# Since I learned to ride a bicycle



## Matisse2

Hi to everyone, 
I'm writing an essay about my favourite hobby which is riding bike.
I would like to know how to say in chinese " Since I learned to ride a bycicle": 自骑会了以后 or 自会骑了以后 which one is correct?


----------



## NewAmerica

Both would be correct based on their context
The former emphasizes more the riding a bicycle, and the latter the ability of riding.
You are joyful after riding the bicycle successfully. (The situation of the former)
You are proud of yourself after having acquired the ability to ride a bicycle.(The situation of the latter)


----------



## Skatinginbc

Matisse2 said:


> Since I learned to ride a bycicle": 自骑会了以后 or 自会骑了以后 which one is correct?


Neither of them, based on the limited context you provided (i.e., 自從學會騎腳踏車).  For example，you may say 自從學會騎腳踏車，我每天靠它逛街踏青, 愛不釋手.

The use of 自 as a standalone morpheme ==> archaism (e.g.,  自學會以來, 每日靠其逛街踏青, 愛不釋手).

了 ==> modern feature.  Its register simply does not go well with the use of 自 as a standalone morpheme.

騎會：finally acquire the skill of riding after repeated practice.
會騎：be able to ride


----------



## retrogradedwithwind

会骑，similar to 会说会读会讲， able to ride, or even skilled at riding.

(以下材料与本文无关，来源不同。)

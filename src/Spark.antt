-- ===== src/Spark.antt =====
-- What pages/admin/DashboardPage.tsx and pages/profile/ProfilePage.tsx draw of a list of numbers.
pub mod Box
use zhici_photo_upload_platf.Prelude.{List, [], if◌then◌else◌, ltb, ℕ, ◌*◌, ◌+◌, ◌-◌, ◌∷◌}

-- `Math.max(...counts, 1)`.
unfoldable pub max_val : List ℕ → ℕ
max_val [] = 1
max_val (c ∷ cs) = let rest = max_val cs in if ltb rest c then c else rest

-- The points of `Sparkline`: x up to a width in parts of 1/n, y in parts of 1/m, with the foot at 18.
unfoldable pub spark_from : (width : ℕ) → ℕ → ℕ → ℕ → List ℕ → List (ℕ × ℕ)
spark_from width n m i [] = []
spark_from width n m i (v ∷ vs) = (i * width, 18 * m - v * 16) ∷ spark_from width n m (i + 1) vs
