-- ===== src/RemoteCache/Shim/Publish/Admitted.antt =====
-- What `_publish` gathers for a bundle is what `_proven` accepts of it: both resolve the result by
-- the same content.
use tine.Base.{
  ◌≡◌, refl, sym, ap, subst, ◌∙◌, true, Option, none, some, List, [], ◌∷◌, Bytes, All, All-imp,
  All-append_right, arith, inl, inr, same_bytes_refl,
}
use tine.Base.Text.{Text}
use tine.RemoteCache.Outcome.{ok}
use tine.RemoteCache.Exec.{continue-eq-ok}
use tine.RemoteCache.Bundle.Name.{bundle_name}
use tine.RemoteCache.Reapi.Digest.{Digest}
use tine.RemoteCache.Reapi.Result.{ActionResult, named}
use tine.RemoteCache.Store.Table.{Table, upsert}
use tine.RemoteCache.Store.State.{Store}
use tine.RemoteCache.Store.Blobs
use tine.RemoteCache.Store.Presence.{content_at, blob-content}
use tine.RemoteCache.Shim.State.{Setup, Shim, on_store}
use tine.RemoteCache.Shim.Local.{referenced}
use tine.RemoteCache.Shim.Proven.{hashes_of, keys_of, all_among, same_set, proven}
use tine.RemoteCache.Shim.Publish.{filed_as, gather}
use tine.RemoteCache.Shim.Publish.Order.{IsFiled, filed_as-eq-ok}
use tine.RemoteCache.Shim.Publish.Agreement.{
  all_among-upsert, among_texts-keys_of, All-append_left, Agrees, files_of-keeps,
  files_of-lookup_in, IsOf, IsOf-upsert,
}

module _ (u : Setup) where
  filed_as-keeps :
      (hash : Text) (members : Table Bytes) (found : Option Bytes) (s : Shim u.world.State)
      → (filed_as u hash members found s).1 ≡ s
  filed_as-keeps hash members none s = refl
  filed_as-keeps hash members (some blob) s = refl

  -- What is gathered is of the store, under the hashes of what was asked for.
  pub gather-IsOf :
      (names : List Text) (blobs : List Digest) (members : Table Bytes) (s : Shim u.world.State)
      → (first : Store) {all : Table Bytes}
      → ((key : Text) → content_at key s.store ≡ content_at key first)
      → all_among (hashes_of blobs) names ≡ true
      → IsOf first members
      → all_among (keys_of members) names ≡ true
      → (gather u blobs members s).0 ≡ ok all
      → IsOf first all × (all_among (keys_of all) names ≡ true)
  unfolding gather all_among hashes_of
  gather-IsOf names [] members s first {all} kept asked is_of among h =
      let same : members ≡ all = cc in
      (
        subst (IsOf first) same is_of,
        ap (λ (m : Table Bytes). all_among (keys_of m) names) (sym same) ∙ among,
      )
  gather-IsOf names (d ∷ blobs) members s first {all} kept asked is_of among h =
      let got = on_store u (Blobs.blob u.platform d) s in
      let (found, e, k) = continue-eq-ok got.0 _ got.1 h in
      let added = filed_as u d.hash members found got.1 in
      let (more, f, j) = continue-eq-ok added.0 (gather u blobs) added.1 k in
      let (blob, g, same) = filed_as-eq-ok u d.hash members found got.1 f in
      let (filed, same_content) =
        blob-content u.platform d s.store (e ∙ ap (λ (o : Option Bytes). ok o) g) in
      let next = upsert d.hash blob (λ _. blob) members in
      let is_of' = IsOf-upsert first d.hash blob members (sym (kept d.hash) ∙ filed) is_of in
      let among' = all_among-upsert names d.hash blob members (ground (arith, asked)) among in
      gather-IsOf names blobs more added.1 first
        (λ key.
          ap (λ (left : Shim u.world.State). content_at key left.store)
            (filed_as-keeps d.hash members found got.1)
          ∙ same_content key
          ∙ kept key)
        (ground (arith, asked)) (subst (IsOf first) same is_of')
        (ap (λ (m : Table Bytes). all_among (keys_of m) names) (sym same) ∙ among') j

  all_among-IsFiled :
      (ds : List Digest) (members : Table Bytes)
      → All (IsFiled u members) ds
      → all_among (hashes_of ds) (keys_of members) ≡ true
  unfolding all_among hashes_of
  all_among-IsFiled [] members h = refl
  all_among-IsFiled (d ∷ ds) members h =
      rw (among_texts-keys_of d.hash members h.0.1, all_among-IsFiled ds members h.1) refl

  filed-Agrees :
      (s : Store) (members : Table Bytes)
      → IsOf s members
      → (d : Digest) → IsFiled u members d
      → Agrees s members d
  filed-Agrees s members is_of d (content, found, right) = elim (is_of d.hash) [
    | inl none_there ↦ absurd (let clash = sym none_there ∙ found in cc)
    | inr there ↦ there
  ]

  -- A table that agrees with the store that resolved the result, and has its blobs and no others, is
  -- accepted as the result's bundle.
  pub proven-agreeing :
      (result : ActionResult) (before : Store) (members : Table Bytes) {blobs : List Digest}
      → (referenced (Blobs.blob u.platform) result before).0 ≡ ok (some blobs)
      → IsOf before members
      → All (IsFiled u members) blobs
      → all_among (keys_of members) (hashes_of blobs) ≡ true
      → proven u.platform.sha256
          (record { bundle = bundle_name u.platform.sha256 blobs; result = result.raw })
          result
          members
        ≡ ok blobs
  unfolding referenced proven same_set named
  proven-agreeing result before members {blobs} resolved is_of filed among =
      let agree =
        All-imp _ (Agrees before members) blobs (filed-Agrees before members is_of) filed in
      let named_agree =
        files_of-keeps (Blobs.blob u.platform) (Agrees before members) result.tree_digests
          (named result) before resolved agree in
      let trees =
        All-append_left (Agrees before members) result.tree_digests _
          (All-append_right (Agrees before members) result.file_digests _ named_agree) in
      let found =
        files_of-lookup_in u.platform result.tree_digests (named result) before members resolved
          trees in
      let name = same_bytes_refl (bundle_name u.platform.sha256 blobs) in
      rw (found, all_among-IsFiled blobs members filed, among, name) refl
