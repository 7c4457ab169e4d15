-- ===== src/RemoteCache/Shim/Publish/Fetched.antt =====
-- What `_publish` uploads as a bundle, `fetch_bundle` unpacks and `_proven` accepts.
use tine.Base.{
  ◌≡◌, ◌<◌, ◌^◌, refl, sym, ap, subst, ◌∙◌, true, not, Option, some, List, [], ◌∷◌, Bytes, All,
  All-imp, length, arith, inl, inr, Bool-cases, same_bytes, same_bytes→eq,
}
use tine.Base.Text.{Text}
use tine.RemoteCache.Outcome.{ok, then_raise-eq-ok}
use tine.RemoteCache.Exec.{continue-eq-ok}
use tine.RemoteCache.Bundle.{pack, unpack, sorted_items}
use tine.RemoteCache.Bundle.RoundTrip.{IsMember, unpack-pack}
use tine.RemoteCache.Bundle.Name.{bundle_name}
use tine.RemoteCache.Reapi.Digest.{Digest}
use tine.RemoteCache.Reapi.Result.{ActionResult}
use tine.RemoteCache.Signing.Envelope.{is_sha256_hex}
use tine.RemoteCache.Signing.Envelope.Hashes.{is_sha256_hex_iff, encode-hex}
use tine.RemoteCache.Store.Table.{Table, IsKeyed, find, upsert}
use tine.RemoteCache.Store.State.{Store, path}
use tine.RemoteCache.Store.Blobs
use tine.RemoteCache.Store.Reads.{blob-eq-ok}
use tine.RemoteCache.Store.Presence.{content_at}
use tine.RemoteCache.Shim.State.{Setup, Shim, on_store}
use tine.RemoteCache.Shim.Local.{referenced, dict_from}
use tine.RemoteCache.Shim.Local.Dict.{same_bytes_apart, find-dict_sorted, all_among-dict_sorted}
use tine.RemoteCache.Shim.Proven.{hashes_of, keys_of, all_among, proven}
use tine.RemoteCache.Shim.Publish.{filed_as, gather}
use tine.RemoteCache.Shim.Publish.Order.{find-upsert_other, IsFiled, gather-IsFiled, filed_as-eq-ok}
use tine.RemoteCache.Shim.Publish.Agreement.{all_among_refl}
use tine.RemoteCache.Shim.Publish.Admitted.{gather-IsOf, proven-agreeing}

IsKeyed-upsert :
    (key : Text) (blob : Bytes) (t : Table Bytes)
    → IsKeyed t
    → IsKeyed (upsert key blob (λ _. blob) t)
unfolding upsert find
IsKeyed-upsert key blob [] keyed = (refl, tt)
IsKeyed-upsert key blob ((one, row) ∷ t) keyed = elim (Bool-cases (same_bytes one key)) [
  | inl e ↦ rw e keyed
  | inr e ↦ rw e (
    find-upsert_other key one blob t (same_bytes_apart one key e) ∙ keyed.0,
    IsKeyed-upsert key blob t keyed.1,
  )
]

module _ (u : Setup) where
  -- A member under its hash, which is one.
  abbrev IsRight : Text × Bytes → Type 0
  IsRight one = (u.platform.sha256 one.1 ≡ one.0) × (is_sha256_hex one.0 ≡ true)

  IsRight-upsert :
      (key : Text) (blob : Bytes) (t : Table Bytes)
      → IsRight (key, blob)
      → All IsRight t
      → All IsRight (upsert key blob (λ _. blob) t)
  unfolding upsert
  IsRight-upsert key blob [] right all = (right, tt)
  IsRight-upsert key blob ((one, row) ∷ t) right all = elim (Bool-cases (same_bytes one key)) [
    | inl e ↦
        let same = same_bytes→eq one key e in
        rw e (subst (λ (k : Text). IsRight (k, blob)) (sym same) right, all.1)
    | inr e ↦ rw e (all.0, IsRight-upsert key blob t right all.1)
  ]

  read-IsRight :
      (d : Digest) (s : Store) {content : Bytes}
      → (Blobs.blob u.platform d s).0 ≡ ok (some content)
      → IsRight (d.hash, content)
  unfolding Blobs.blob path
  read-IsRight d s h =
      let (file, e, k) = continue-eq-ok (path d.hash) _ s h in
      let (hex, f) = then_raise-eq-ok _ (not (is_sha256_hex d.hash)) _ e in
      (blob-eq-ok u.platform d s h, ground arith)

  gather-IsRight :
      (blobs : List Digest) (members : Table Bytes) (s : Shim u.world.State) {all : Table Bytes}
      → IsKeyed members
      → All IsRight members
      → (gather u blobs members s).0 ≡ ok all
      → IsKeyed all × All IsRight all
  unfolding gather
  gather-IsRight [] members s {all} keyed right h =
      let same : members ≡ all = cc in
      subst (λ (m : Table Bytes). IsKeyed m × All IsRight m) same (keyed, right)
  gather-IsRight (d ∷ blobs) members s keyed right h =
      let got = on_store u (Blobs.blob u.platform d) s in
      let (found, e, k) = continue-eq-ok got.0 _ got.1 h in
      let added = filed_as u d.hash members found got.1 in
      let (more, f, j) = continue-eq-ok added.0 (gather u blobs) added.1 k in
      let (blob, g, same) = filed_as-eq-ok u d.hash members found got.1 f in
      let one = read-IsRight d s.store (e ∙ ap (λ (o : Option Bytes). ok o) g) in
      gather-IsRight blobs more added.1
        (subst IsKeyed same (IsKeyed-upsert d.hash blob members keyed))
        (subst (All IsRight) same (IsRight-upsert d.hash blob members one right)) j

  IsRight-IsMember :
      (t : Table Bytes)
      → All IsRight t
      → All (λ one. length one.1 < 2 ^ 64) t
      → All (IsMember u.platform.sha256) t
  IsRight-IsMember [] right short = tt
  IsRight-IsMember ((key, blob) ∷ t) right short =
      let hex = (is_sha256_hex_iff key).0 right.0.1 in
      (
        record {
          hashes = sym right.0.0;
          width = ap length (encode-hex key hex) ∙ hex.width;
          fits = short.0;
        },
        IsRight-IsMember t right.1 short.1,
      )

  -- What a builder gathers for a result that its store resolved, from files that have not changed
  -- since, and packs into a bundle, unpacks again, where each blob is shorter than 2^64 bytes; and a
  -- reader accepts it as exactly that result's bundle, under the name of its digests.
  pub proven-published :
      (result : ActionResult) (before : Store) (s : Shim u.world.State)
      → {blobs : List Digest} {members : Table Bytes}
      → (referenced (Blobs.blob u.platform) result before).0 ≡ ok (some blobs)
      → ((key : Text) → content_at key s.store ≡ content_at key before)
      → (gather u blobs [] s).0 ≡ ok members
      → All (λ one. length one.1 < 2 ^ 64) members
      → (unpack u.platform.sha256 (pack members) ≡ ok (sorted_items members))
        × (proven u.platform.sha256
              (record { bundle = bundle_name u.platform.sha256 blobs; result = result.raw })
              result
              (dict_from (sorted_items members) [])
            ≡ ok blobs)
  unfolding find
  proven-published result before s {blobs} {members} resolved same gathered short =
      let (is_of, among) =
        gather-IsOf u (hashes_of blobs) blobs [] s before same (all_among_refl (hashes_of blobs))
          (λ key. inl refl) (unfold all_among keys_of in refl) gathered in
      let (keyed, right) = gather-IsRight blobs [] s tt tt gathered in
      let filed = (gather-IsFiled u [] blobs [] s tt gathered).1 in
      let sorted = dict_from (sorted_items members) [] in
      let found = λ (key : Text). find-dict_sorted key members keyed in
      (
        unpack-pack u.platform.sha256 members (IsRight-IsMember members right short),
        proven-agreeing u result before sorted resolved
            (λ key. elim (is_of key) [
              | inl none_there ↦ inl (found key ∙ none_there)
              | inr there ↦ inr (found key ∙ there)
            ])
            (All-imp (IsFiled u members) (IsFiled u sorted) blobs
              (λ d one. (one.0, found d.hash ∙ one.1, one.2)) filed)
            (all_among-dict_sorted (hashes_of blobs) members among),
      )
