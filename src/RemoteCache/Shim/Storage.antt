-- ===== src/RemoteCache/Shim/Storage.antt =====
-- `ContentAddressableStorage` of remote_cache/shim.py, and its `capabilities`. `say` is the `str` of
-- an error, in the answers about single blobs.
pub mod Answers
pub mod Updates
use tine.Base.{
  Bool, true, false, not, Option, none, some, List, [], ◌∷◌, ◌++◌, Bytes, if◌then◌else◌,
}
use tine.Base.Text.{Text, text_of}
use tine.RemoteCache.Outcome.{
  Raised, Result, ok, err, is_value_error, aborted, invalid_argument, permission_denied,
}
use tine.RemoteCache.Exec.{pure, raise, handle, ◌>>=◌, ◌>>◌}
use tine.RemoteCache.Bundle.Name.{same_digest}
use tine.RemoteCache.Reapi.Digest.{Digest, Status, status_ok}
use tine.RemoteCache.Reapi.Blobs.{
  Blob, FindMissingBlobsRequest, FindMissingBlobsResponse, BatchUpdateBlobsRequest,
  BatchUpdateBlobsResponse, BatchReadBlobsRequest, BatchReadBlobsResponse,
}
use tine.RemoteCache.Reapi.Stream.{ServerCapabilities, sha256_function}
use tine.RemoteCache.Store.Filed.{Filed, check_blob}
use tine.RemoteCache.Store.Blobs.{put_blobs}
use tine.RemoteCache.Shim.State.{Setup, Shim, Call, on_store, count, accepts_uploads}
use tine.RemoteCache.Shim.Local.{missing_of, here, blob}

-- INVALID_ARGUMENT and NOT_FOUND of a status
abbrev pub status_invalid : Text → Status
status_invalid reason = record { code = 3; reason = reason }

abbrev pub status_missing : Status
status_missing = record { code = 5; reason = [] }

abbrev pub capabilities : ServerCapabilities
capabilities = record {
  max_batch_total_size_bytes = 4000000;
  digest_functions = sha256_function ∷ [];
}

-- good[digest] = content
unfoldable pub keep_good : Digest → Bytes → Filed → Filed
keep_good digest content [] = (digest, content) ∷ []
keep_good digest content ((one, old) ∷ good) =
    if same_digest one digest
    then (one, content) ∷ good
    else (one, old) ∷ keep_good digest content good

module _ (u : Setup) where
  abbrev not_asked : {A : Type 0} → Raised → Call u A
  not_asked e = if is_value_error e then raise (aborted invalid_argument) else raise e

  -- `find_missing`
  unfoldable pub find_missing : FindMissingBlobsRequest → Call u FindMissingBlobsResponse
  find_missing request = do
    present ← handle (here u request.blob_digests) not_asked
    pure (record { missing_blob_digests = missing_of request.blob_digests present })

  -- What is answered for one blob of an update, and what is kept of it. `check_blob` raises a
  -- `ValueError` and no other.
  abbrev pub checked_as : Digest → Bytes → Result (Unit {0}) → Filed → Blob × Filed
  checked_as digest content (ok checked) good = (
    record { digest = some digest; content = []; status = some status_ok },
    keep_good digest content good,
  )
  checked_as digest content (err e) good = (
    record { digest = some digest; content = []; status = some (status_invalid (u.say e)) },
    good,
  )

  abbrev pub check_entry : Option Digest → Bytes → Filed → Blob × Filed
  check_entry none content good = (
    record { digest = none; content = []; status = some (status_invalid (text_of "no digest")) },
    good,
  )
  check_entry (some digest) content good =
      checked_as digest content (check_blob u.platform digest content) good

  -- The loop of `batch_update`.
  unfoldable pub check_each : List Blob → Filed → List Blob × Filed
  check_each [] good = ([], good)
  check_each (entry ∷ entries) good =
      let (answer, more) = check_entry entry.digest entry.content good in
      let (answers, all) = check_each entries more in (answer ∷ answers, all)

  abbrev update_accepted : Bool → List Blob → Call u BatchUpdateBlobsResponse
  update_accepted false blobs = do
    count u (text_of "uploads refused")
    raise (aborted permission_denied)
  update_accepted true blobs =
      let (answers, good) = check_each blobs [] in
      (do on_store u (put_blobs u.platform good none); pure (record { blobs = answers }))

  -- `batch_update`
  unfoldable batch_update : BatchUpdateBlobsRequest → Call u BatchUpdateBlobsResponse
  batch_update request = update_accepted (accepts_uploads u) request.blobs

  abbrev pub read_as : Digest → Option Bytes → Blob
  read_as digest none = record { digest = some digest; content = []; status = some status_missing }
  read_as digest (some content) = record {
    digest = some digest;
    content = content;
    status = some status_ok;
  }

  abbrev pub unread : Digest → Raised → Call u Blob
  unread digest e =
      if is_value_error e
      then pure
          (record { digest = some digest; content = []; status = some (status_invalid (u.say e)) })
      else raise e

  abbrev pub read_one : Digest → Call u Blob
  read_one digest =
      handle (do content ← blob u digest; pure (read_as digest content)) (unread digest)

  unfoldable pub read_each : List Digest → Call u (List Blob)
  read_each [] = pure []
  read_each (digest ∷ digests) = do
    answer ← read_one digest
    answers ← read_each digests
    pure (answer ∷ answers)

  -- `batch_read`
  unfoldable pub batch_read : BatchReadBlobsRequest → Call u BatchReadBlobsResponse
  batch_read request = do answers ← read_each request.digests; pure (record { blobs = answers })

骑会， similar to 看会学会，able to ride through riding.

脚蹋车（or 自行车）should be inserted into your sentence if it is not mentioned before.


----------



## SuperXW

会骑 know how to ride
骑会 ride until knowing how to do it


----------



## Matisse2

The context is : 从小我爸爸就教我怎么骑自行车。自骑会了以后，我骑自行车骑得越来越快


----------



## Skatinginbc

從小, 爸爸就教我騎自行車.   自打會騎以來，我就越騎越快(, 在大馬路上與汽車比速，罔顧安全 ).
Or 爸爸教我騎自行車, 我起初東倒西歪,  但騎了又騎, 終於騎會了.

Compare:
自從會說英文，我就愛露幾句.
自從會說了(幾個英文單字)，我就...
自從說會了(英文)，我就...


----------



## NewAmerica

组合很重要：

Skating *会玩*英语，玩了好几年了。

玩了好几年，Skating *玩会*了英语没？


----------



## Skatinginbc

語境：自從 (自，自打，打從，etc.)...我(就)...

自從我會玩英語，我就天天玩.
自從我會玩了英語，我就天天玩 (怪怪的)
自從我玩會了英語，我就不玩了.
自從我玩會了英語，我就天天玩 (怪怪的)


----------



## NewAmerica

将Skating代入，完全没问题呀：

自從我玩會了英語，我就天天玩 ===>>>自從Skating玩會了英語，Skating就天天玩（这显然是个事实了 ——把“Skating就天天玩”改成“他就天天玩”更顺畅。）。


----------



## Skatinginbc

你作夢也夢到我嗎？否則怎麼連舉個例子，也硬把我扯進去？ 

你說的或許有理.  雖然我個人不會這麼說，「自從騎會了(自行車)以後，我就天天騎著去上學」可能也行.  但總覺得前面得強調「試了又試，騎了又騎」的過程，而不是簡簡單單的「從小爸爸就教我騎自行車」.


----------



## NewAmerica

你并未意识到这是你自我设置的情境障碍。
英语的提高没有至境，说“玩会”了本身就是夸大其词。英美作家为了写好一篇文章，不知要推敲多少次。真的玩会了？
骑自行车同理。专业骑手为了提高纪录，仍然要摔无数的跟头。“会”字标准不同，根本就没有止境。


----------



## Skatinginbc

會X ==> 能做、會做、知道怎麼做某事，至於做得好不好，就另當別論了 (e.g., 會騎但騎不快，會說但說不標準，會下象棋但下不好)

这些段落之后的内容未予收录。